◆ **About this task**:
Go to the line in the entries below that holds "approval_invalid : (task_id" and repeat exactly from there through the line that holds "pub record World", inclusive.
(Data provided Opens)
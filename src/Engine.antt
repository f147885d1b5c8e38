-- ===== src/Engine.antt =====
-- backend/app/core/engine.py: the state that `MamaEngine` works on, the values that its tasks
-- carry, the events that it publishes, and what it takes from its environment.
pub mod Steps
pub mod Approve
pub mod Execute
pub mod Calm
pub mod Executor
pub mod Consent
pub mod Guard
pub mod Once
pub mod Runs
use mama_ai.Prelude.{ℕ, String, Bool, Option, List, [], ◌∷◌, ◌++◌}
use mama_ai.Result.{Exc, Result}
use mama_ai.Exec.{Exec, zoom, modify}
use mama_ai.Task.{RiskLevel, TaskRequest, TaskResult}
use mama_ai.Task.Record.{TaskRecord}
use mama_ai.TaskRegistry.{TaskRegistry}
use mama_ai.Approval.{ApprovalRecord}
use mama_ai.Approval.Registry.{ApprovalRegistry}
use mama_ai.Risk.{RiskAssessment}
use mama_ai.Risk.Rules.{PermissionDecision}

-- What an executor returns: `None`, a dictionary (a value is `None` or an object), or another
-- object. An object is known by its number.
pub data Output : Type 0 where
  null : Output
  dict : List (String × Option ℕ) → Output
  object : ℕ → Output

-- The values that the engine stores in `output` and `evidence`.
pub data Payload : Type 0 where
  command_output : Output → Payload
  waiting : ApprovalRecord → RiskAssessment → Payload
  risk_evidence : String → RiskLevel → PermissionDecision → Payload
  executor_evidence : String → Payload

-- The published events with their payloads.
pub data Event : Type 0 where
  task_started : TaskRequest → Event
  task_succeeded : TaskRequest → TaskResult Payload → Event
  task_failed : (task_id message error stage : String) → Event
  task_denied : (task_id reason : String) → RiskAssessment → Event
  approval_required : (task_id owner_id : String) → ApprovalRecord → RiskAssessment → Event
  approval_invalid : (task_id owner_id error : String) → ApprovalRecord → Event
  approval_consumed : (task_id owner_id : String) → ApprovalRecord → Event

-- The two registries, the events published so far, and the commands given to the executor so far.
pub record World (Db Ab : Type 0) : Type 0 where
  pub tasks : TaskRegistry Payload Db
  pub approvals : ApprovalRegistry Ab
  pub events : List Event
  pub executed : List String

-- The stores, the digest, `re.search`, the executor (after `_resolve_result`), its name, and `str`
-- of an exception and of an output.
pub record Env (Db Ab : Type 0) : Type 0 where
  pub save_task : TaskRecord Payload → Exec Db (Unit {0})
  pub save_approval : ApprovalRecord → Exec Ab (Unit {0})
  pub hash_token : String → String
  pub search : String → String → Bool
  pub executor : String → Result Output
  pub executor_name : String
  pub str_exc : Exc → String
  pub str_output : Output → String

-- The fresh values of one call: the readings of the clocks in the order of the source, and the IDs
-- of `uuid4`.
pub record Fresh : Type 0 where
  pub now : ℕ → ℕ
  pub assessment_id : String
  pub approval_id : String
  pub task_id : String

module _ {Db Ab : Type 0} where
  abbrev pub on_tasks : {A : Type 0} → Exec (TaskRegistry Payload Db) A → Exec (World Db Ab) A
  on_tasks = zoom (λ w. w.tasks) (λ w t. record w { tasks = t })

  abbrev pub on_approvals : {A : Type 0} → Exec (ApprovalRegistry Ab) A → Exec (World Db Ab) A
  on_approvals = zoom (λ w. w.approvals) (λ w a. record w { approvals = a })

  -- `self._event_bus.publish`, which never raises: failing handlers are logged
  abbrev pub publish : Event → Exec (World Db Ab) (Unit {0})
  publish e = modify (λ w. record w { events = w.events ++ e ∷ [] })
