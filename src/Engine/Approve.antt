-- ===== src/Engine/Approve.antt =====
-- backend/app/core/engine.py: the approval steps of `MamaEngine.execute`.
use mama_ai.Prelude.{ℕ, String, ◌&&◌, Option, none, some, List, [], ◌∷◌, ◌==◌, if◌then◌else◌, ◌+◌}
use mama_ai.Int.{pos}
use mama_ai.Text.{is_empty}
use mama_ai.Result.{Exc, Result, ok, err}
use mama_ai.Exec.{Exec, pure, lift, ◌>>=◌, ◌>>◌}
use mama_ai.Task.{pending, waiting_approval, TaskRequest, TaskResult, same, new_result}
use mama_ai.TaskRegistry.{require, mark_waiting_approval}
use mama_ai.Approval.{ApprovalRecord, is_active}
use mama_ai.Approval.Listing.{list}
use mama_ai.Approval.Registry.{create, consume}
use mama_ai.Risk.{RiskAssessment}
use mama_ai.Engine.{
  Payload, waiting, risk_evidence, approval_required, approval_invalid, approval_consumed, World,
  Env, Fresh, on_tasks, on_approvals, publish,
}

-- the loop of `_find_active_approval`
unfoldable pub find_active : String → List ApprovalRecord → Option ApprovalRecord
find_active task_id [] = none
find_active task_id (r ∷ rs) =
    if r.task_id == task_id && is_active r.status then some r else find_active task_id rs

-- `_waiting_result`
unfoldable pub waiting_result :
    TaskRequest
    → RiskAssessment
    → ApprovalRecord
    → String
    → Option String
    → Result (TaskResult Payload)
waiting_result request assessment approval message error = new_result (record {
  task_id = request.task_id;
  status = waiting_approval;
  message = message;
  output = some (waiting approval assessment);
  error = error;
  evidence = risk_evidence assessment.assessment_id assessment.risk_level assessment.decision ∷ [];
  started_at = request.created_at;
  finished_at = none;
})

-- `approval_id` or `approval_token` is `None` or empty
abbrev pub given : Option String → Option String → Option (String × String)
given (some id) (some token) =
    if is_empty id then none else if is_empty token then none else some (id, token)
given _ _ = none

module _ {Db Ab : Type 0} (env : Env Db Ab) where
  -- `_get_or_create_approval` behind `_find_active_approval`
  unfoldable pub use_or_create :
      TaskRequest
      → RiskAssessment
      → String
      → Fresh
      → Option ApprovalRecord
      → Exec (World Db Ab) ApprovalRecord
  use_or_create request assessment owner fresh (some existing) = pure existing
  use_or_create request assessment owner fresh none = on_approvals (
      create env.save_approval fresh.approval_id (fresh.now 4) request.task_id owner request.command
        assessment.risk_level assessment.reasons (pos 300))

  -- `_get_or_create_approval`; reading number `i` of the listing is `fresh.now (i + 100)`
  unfoldable pub get_or_create_approval :
      TaskRequest → RiskAssessment → String → Fresh → Exec (World Db Ab) ApprovalRecord
  get_or_create_approval request assessment owner fresh = do
    records ← on_approvals (list env.save_approval none (some owner) (λ i. fresh.now (i + 100)))
    use_or_create request assessment owner fresh (find_active request.task_id records)

  -- `if current.status == PENDING: mark_waiting_approval`
  unfoldable pub park_task : TaskRequest → String → ℕ → Exec (World Db Ab) (Unit {0})
  park_task request message now = do
    current ← on_tasks (require request.task_id)
    if same current.status pending
        then on_tasks (mark_waiting_approval env.save_task request.task_id message now) >> pure tt
        else pure tt

  -- `_request_approval`
  unfoldable pub request_approval :
      TaskRequest → RiskAssessment → String → Fresh → Exec (World Db Ab) (TaskResult Payload)
  request_approval request assessment owner fresh = do
    park_task request "This task requires explicit user approval." (fresh.now 5)
    approval ← get_or_create_approval request assessment owner fresh
    publish (approval_required request.task_id owner approval assessment)
    lift (
        waiting_result request assessment approval
          "This task is waiting for explicit user approval." none)

  -- the handler of a `consume` that raised
  unfoldable pub approval_failed :
      TaskRequest
      → RiskAssessment
      → String
      → Fresh
      → Exc
      → Exec (World Db Ab) (Option (TaskResult Payload))
  approval_failed request assessment owner fresh exc = do
    approval ← get_or_create_approval request assessment owner fresh
    park_task request "Approval validation failed. The task is still waiting for approval."
        (fresh.now 5)
    publish (approval_invalid request.task_id owner (env.str_exc exc) approval)
    result ← lift (
        waiting_result request assessment approval
          "Approval validation failed. The task is still waiting for approval."
          (some (env.str_exc exc)))
    pure (some result)

  -- what follows the attempt to consume
  unfoldable pub after_consume :
      TaskRequest
      → RiskAssessment
      → String
      → Fresh
      → Result ApprovalRecord × World Db Ab
      → Result (Option (TaskResult Payload)) × World Db Ab
  after_consume request assessment owner fresh (err e, w) =
      approval_failed request assessment owner fresh e w
  after_consume request assessment owner fresh (ok consumed, w) =
      (publish (approval_consumed request.task_id owner consumed) >> pure none) w

  unfoldable pub consume_given :
      TaskRequest
      → RiskAssessment
      → String
      → Fresh
      → Option (String × String)
      → Exec (World Db Ab) (Option (TaskResult Payload))
  consume_given request assessment owner fresh none w =
      (request_approval request assessment owner fresh >>= λ result. pure (some result)) w
  consume_given request assessment owner fresh (some (id, token)) w =
      after_consume request assessment owner fresh (
        on_approvals
          (consume env.save_approval env.hash_token id request.task_id owner token (fresh.now 6)
            (fresh.now 7))
          w)

  -- `_consume_approval`
  unfoldable pub consume_approval :
      TaskRequest
      → RiskAssessment
      → String
      → Option String
      → Option String
      → Fresh
      → Exec (World Db Ab) (Option (TaskResult Payload))
  consume_approval request assessment owner approval_id approval_token fresh =
      consume_given request assessment owner fresh (given approval_id approval_token)
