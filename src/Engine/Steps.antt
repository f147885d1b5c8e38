-- ===== src/Engine/Steps.antt =====
-- backend/app/core/engine.py: the helpers of `MamaEngine.execute`.
use mama_ai.Prelude.{
  ℕ, String, Bool, true, false, not, ◌&&◌, Option, none, some, List, [], ◌∷◌, ◌==◌, if◌then◌else◌,
}
use mama_ai.Text.{strip, is_empty}
use mama_ai.Dict
use mama_ai.Result.{type_error, value_error, permission_error, Result, ok, err}
use mama_ai.Exec.{Exec, pure, raise, lift, ◌>>=◌, ◌>>◌}
use mama_ai.Task.{
  TaskStatus, pending, waiting_approval, Meta, text, object, TaskRequest, TaskResult, status_value,
  new_failed,
}
use mama_ai.Task.Record.{TaskRecord, or_default}
use mama_ai.TaskRegistry.{get, register, mark_running, complete, not_found}
use mama_ai.Risk.{RiskAssessment}
use mama_ai.Engine.{
  Output, null, dict, Payload, task_failed, task_denied, World, Env, Fresh, on_tasks, publish,
}

-- `_resolve_owner_id`
unfoldable pub check_owner : Meta → Result String
check_owner (object n) = err (type_error ("Owner ID must be text." ∷ []))
check_owner (text s) =
    if is_empty (strip s)
    then err (value_error ("Owner ID cannot be empty." ∷ []))
    else ok (strip s)

unfoldable pub resolve_owner_id : TaskRequest → Option String → Result String
resolve_owner_id request (some owner) = check_owner (text owner)
resolve_owner_id request none =
    check_owner (or_default (Dict.get "owner_id" request.metadata) (text "local-user"))

-- `existing.status in {PENDING, WAITING_APPROVAL}`
abbrev pub can_start : TaskStatus → Bool
can_start pending = true
can_start waiting_approval = true
can_start _ = false

-- `value.get(key)`: `None` at a missing key and at a key with `None`
unfoldable pub get_or_null : String → List (String × Option ℕ) → Option ℕ
get_or_null key d = or_default (Dict.get key d) none

-- `_extract_message`; `str_output` is `str`
unfoldable pub first_message : (Output → String) → List String → List (String × Option ℕ) → String
first_message str_output [] d = str_output (dict d)
first_message str_output (key ∷ keys) d =
    let rest = first_message str_output keys d in
    elim (get_or_null key d) [ none ↦ rest | some n ↦ str_output (Output.object n) ]

unfoldable pub extract_message : (Output → String) → Output → String
unfolding first_message
extract_message str_output null = "Task completed successfully."
extract_message str_output (dict d) =
    first_message str_output ("response" ∷ "message" ∷ "result" ∷ "output" ∷ []) d
extract_message str_output (Output.object n) = str_output (Output.object n)

module _ {Db Ab : Type 0} (env : Env Db Ab) where
  -- `_ensure_registered` behind its lookup
  unfoldable pub ensure_found :
      TaskRequest → String → Option (TaskRecord Payload) → Exec (World Db Ab) (TaskRecord Payload)
  ensure_found request owner none = on_tasks (register env.save_task request)
  ensure_found request owner (some existing) =
      if not (existing.owner_id == owner) && not (existing.owner_id == "local-user")
      then raise (permission_error ("Task is owned by another account." ∷ []))
      else if can_start existing.status
      then pure existing
      else raise (value_error ("Task is already registered: " ∷ request.task_id ∷ []))

  -- `_ensure_registered`
  unfoldable pub ensure_registered : TaskRequest → String → Exec (World Db Ab) (TaskRecord Payload)
  ensure_registered request owner = do
    existing ← on_tasks (get request.task_id)
    ensure_found request owner existing

  -- `_mark_running` behind its lookup
  unfoldable pub start_found :
      TaskRequest → ℕ → Option (TaskRecord Payload) → Exec (World Db Ab) (Option ℕ)
  start_found request now none = raise (not_found request.task_id)
  start_found request now (some r) =
      if can_start r.status
      then (do
        running ← on_tasks (mark_running env.save_task request.task_id now)
        pure running.started_at)
      else raise (value_error ("Task cannot start from status " ∷ status_value r.status ∷ "." ∷ []))

  -- `_mark_running`
  unfoldable pub start_task : TaskRequest → ℕ → Exec (World Db Ab) (Option ℕ)
  start_task request now = do found ← on_tasks (get request.task_id); start_found request now found

  -- `_publish_failed`
  abbrev pub publish_failed : String → String → String → String → Exec (World Db Ab) (Unit {0})
  publish_failed task_id message error stage = publish (task_failed task_id message error stage)

  -- a failed result that is published and returned, without touching the registry
  unfoldable pub fail_with :
      String → String → String → String → ℕ → ℕ → Exec (World Db Ab) (TaskResult Payload)
  fail_with task_id message error stage started finished = do
    result ← lift (new_failed task_id message error started finished)
    publish_failed task_id result.message error stage
    pure result

  abbrev pub first_reason : List String → String
  first_reason [] = "The command was denied by the security policy."
  first_reason (r ∷ rs) = r

  -- `_deny_task`
  unfoldable pub deny_task :
      TaskRequest → RiskAssessment → Fresh → Exec (World Db Ab) (TaskResult Payload)
  deny_task request assessment fresh = do
    result ← lift (
        new_failed request.task_id "Mama AI refused to execute this command."
          (first_reason assessment.reasons) (fresh.now 0) (fresh.now 1))
    on_tasks (complete env.save_task result (fresh.now 2) (fresh.now 3))
    publish (task_denied request.task_id (first_reason assessment.reasons) assessment)
    publish_failed request.task_id result.message (first_reason assessment.reasons) "risk_policy"
    pure result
(Data provided Closes)
◆ **Response for this exercise**:
  approval_invalid : (task_id owner_id error : String) → ApprovalRecord → Event
  approval_consumed : (task_id owner_id : String) → ApprovalRecord → Event

-- The two registries, the events published so far, and the commands given to the executor so far.
pub record World (Db Ab : Type 0) : Type 0 where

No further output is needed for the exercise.